- Steve Bogira
- The November 24, 1963, Chicago Sun-Times and, in background, the November 25, 1963, Chicago Daily News
I can’t say I was devastated when I heard that President John F. Kennedy had been shot to death in Dallas. In truth, I was relieved.
In my defense, I was nine. I was a fourth grader at Louis Pasteur, a public school on the southwest side, near Midway Airport. Pasture, everyone in the neighborhood called the school.
In the days leading up to November 22, my class had apparently been unruly on the playground at recess. I don’t think we’d been doing much besides the ordinary chasing and screaming. But our teacher, Miss Merkin, had passed along a warning from the principal that our recess privileges would be suspended if we didn’t soon become more ruly.
An empty threat, we all assumed, and so our anarchy continued on Pasture’s blacktop for 15 exhilarating minutes each morning and afternoon.
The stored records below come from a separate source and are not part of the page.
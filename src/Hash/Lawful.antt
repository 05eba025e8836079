-- ===== src/Hash/Lawful.antt =====
-- The callbacks of fm_hash.cc keep what the core asks of them.
use mathlib.Core.Path.{subst}
use fastmem_mariadb.Prelude.{
  ◌%◌, ◌≡◌, refl, sym, ap, true, List, [], ◌∷◌, drop, inl, inr, Bool-cases, arith,
}
use fastmem_mariadb.Core.{Bytes, u32_mod}
use fastmem_mariadb.KeyDef.{HashState, KeySeg, KeyDef}
use fastmem_mariadb.Hash.{
  Server, has_bits, is_null, null_hash, rec_part_hash, rec_hashnr, packed_length, behind_null,
  key_part_hash, hashnr, rec_key_cmp, cmp_length, key_cmp, if_null_in_key,
}
use fastmem_mariadb.Hash.Callbacks.{key_ops}
use fastmem_mariadb.Core.Wf.{LawfulKey}
use fastmem_mariadb.Hash.Parts.{SegOk, rec_part-hash, rec_part_comm, rec_part_trans, key_part-hash}

-- Every segment is well made.
abbrev pub SegsOk : List KeySeg → Type 0
SegsOk [] = Unit
SegsOk (seg ∷ segs) = SegOk seg × SegsOk segs

-- A BIT segment with bits apart is the last one.
abbrev pub BitsLast : List KeySeg → Type 0
BitsLast [] = Unit
BitsLast (seg ∷ segs) = (has_bits seg ≡ true → segs ≡ []) × BitsLast segs

rec_key_cmp-hash :
    (sv : Server) (segs : List KeySeg) (a b : Bytes) (h : HashState)
    → SegsOk segs
    → rec_key_cmp sv segs a b ≡ 0
    → rec_hashnr sv segs a h ≡ rec_hashnr sv segs b h
unfolding rec_key_cmp rec_hashnr is_null
rec_key_cmp-hash sv [] a b h ok e = refl
rec_key_cmp-hash sv (seg ∷ segs) a b h (o, ok) e =
    let here = rec_part-hash sv seg o seg.type a b h refl in
    ground (
      arith,
      here,
      rec_key_cmp-hash sv segs a b (null_hash h) ok,
      rec_key_cmp-hash sv segs a b (rec_part_hash sv seg.type seg a h) ok,
      rec_key_cmp-hash sv segs a b (rec_part_hash sv seg.type seg b h) ok,
    )

rec_key_cmp_comm :
    (sv : Server) (segs : List KeySeg) (a b : Bytes)
    → SegsOk segs
    → rec_key_cmp sv segs a b ≡ rec_key_cmp sv segs b a
unfolding rec_key_cmp is_null
rec_key_cmp_comm sv [] a b ok = refl
rec_key_cmp_comm sv (seg ∷ segs) a b (o, ok) =
    ground (arith, rec_part_comm sv seg o seg.type a b, rec_key_cmp_comm sv segs a b ok)

rec_key_cmp_trans :
    (sv : Server) (segs : List KeySeg) (a b c : Bytes)
    → SegsOk segs
    → rec_key_cmp sv segs a b ≡ 0
    → rec_key_cmp sv segs b c ≡ 0
    → rec_key_cmp sv segs a c ≡ 0
unfolding rec_key_cmp is_null
rec_key_cmp_trans sv [] a b c ok e f = refl
rec_key_cmp_trans sv (seg ∷ segs) a b c (o, ok) e f =
    ground (arith, rec_part_trans sv seg o seg.type a b c, rec_key_cmp_trans sv segs a b c ok)

rec_key_cmp-null :
    (sv : Server) (segs : List KeySeg) (a b : Bytes)
    → rec_key_cmp sv segs a b ≡ 0
    → if_null_in_key segs a ≡ if_null_in_key segs b
unfolding rec_key_cmp is_null if_null_in_key
rec_key_cmp-null sv [] a b e = refl
rec_key_cmp-null sv (seg ∷ segs) a b e = ground (arith, rec_key_cmp-null sv segs a b)

last_key_cmp-hash :
    (sv : Server) (seg : KeySeg) (rec key : Bytes) (h : HashState)
    → SegOk seg
    → key_cmp sv (seg ∷ []) rec key ≡ 0
    → rec_hashnr sv (seg ∷ []) rec h ≡ hashnr sv (seg ∷ []) key h
unfolding key_cmp rec_hashnr hashnr is_null
last_key_cmp-hash sv seg rec key h o e =
    ground (arith, key_part-hash sv seg o seg.type rec (behind_null seg key) h refl)

key_cmp-hash :
    (sv : Server) (segs : List KeySeg) (rec key : Bytes) (h : HashState)
    → SegsOk segs
    → BitsLast segs
    → key_cmp sv segs rec key ≡ 0
    → rec_hashnr sv segs rec h ≡ hashnr sv segs key h
unfolding key_cmp rec_hashnr hashnr is_null
key_cmp-hash sv [] rec key h ok last e = refl
key_cmp-hash sv (seg ∷ segs) rec key h (o, ok) (at_end, last) e =
    let pos = behind_null seg key in
    let rest = drop (packed_length seg) pos in
    elim (Bool-cases (has_bits seg)) [
      | inl b ↦
          subst
            (λ ss.
              key_cmp sv (seg ∷ ss) rec key ≡ 0
              → rec_hashnr sv (seg ∷ ss) rec h ≡ hashnr sv (seg ∷ ss) key h)
            (sym (at_end b)) (last_key_cmp-hash sv seg rec key h o) e
      | inr no_bits ↦
          let width : cmp_length seg ≡ packed_length seg = ground (arith, no_bits) in
          ground (
            arith,
            width,
            key_part-hash sv seg o seg.type rec pos h refl,
            key_cmp-hash sv segs rec rest (null_hash h) ok last,
            key_cmp-hash sv segs rec rest (key_part_hash sv seg.type seg pos h) ok last,
          )
    ]

-- The callbacks that `fm_key_ops_init` sets are lawful: rows and packed keys that compare equal have
-- equal hashes, the comparison of rows is symmetric and transitive, and equal rows agree on having a NULL
-- part. The character sets' comparison and hash are consistent, VARCHAR segments have one or two
-- length bytes, BIT segments are not empty, and a BIT segment with bits apart is the last of its key.
pub key_ops-LawfulKey :
    (sv : Server) (kd : KeyDef) → SegsOk kd.segs → BitsLast kd.segs → LawfulKey (key_ops sv kd)
key_ops-LawfulKey sv kd ok last = record {
  hash-rec_rec = λ a b e.
      ap (λ (x : HashState). x.0 % u32_mod) (rec_key_cmp-hash sv kd.segs a b sv.hasher ok e);
  hash-rec_key = λ a p e.
      ap (λ (x : HashState). x.0 % u32_mod) (key_cmp-hash sv kd.segs a p sv.hasher ok last e);
  cmp_symm = λ a b. rec_key_cmp_comm sv kd.segs a b ok;
  cmp_trans = λ a b c e f. rec_key_cmp_trans sv kd.segs a b c ok e f;
  null_congr = λ a b e. rec_key_cmp-null sv kd.segs a b e;
}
Following afternoon recess on Friday, November 22, 1963, we returned to classroom 214, panting from another unmannerly game of tag. Miss Merkin stood at the front of the classroom. She looked shaken.
“Boys and girls—I have something awful to tell you,” she began.
We knew what was coming. The only redeeming part of the school day was being snatched from us.
“President Kennedy has been shot and killed in Texas.”
An audible, collective sigh breezed through the classroom. A sigh of relief. Then we immediately donned our somber faces.
And we kept them on the rest of the afternoon. Miss Merkin led some sort of civics discussion, during which I casually mentioned that I knew the Gettysburg Address by heart. She of course had me stand and recite it.
There was an abbreviated morning of school Monday—I suppose that even then, the public schools got a government per diem. We watched the start of the funeral procession on TV. Apparently we also sang “America the Beautiful,” led by school superintendent Benjamin Willis on the Board of Education’s radio station. I don’t recall this, but a story in that afternoon’s Chicago Daily News says it happened in all the city’s public schools.
The reporter who wrote that story, Lois Wille, spent the morning at Pershing elementary, at 31st and Rhodes, where she saw children “hushed and weeping.” She recounted a whispered conversation between two ten-year-olds. “I liked the thing that he said about, ‘What you can do for your country,'” Sheridan Clark told George Carry. “He was always telling people to be kind,” George whispered back. “That’s what civil rights is about. He wanted that.”
I’m glad Wille didn’t learn of the initial reaction in room 214 at Pasteur, although I doubt it would have made her story.
At 10:30, students at Pershing and Pasteur and throughout Chicago were sent home to watch the funeral. On Tuesday, we all went back to school. My classmates and I returned to 214, and ordinary life resumed, including recess.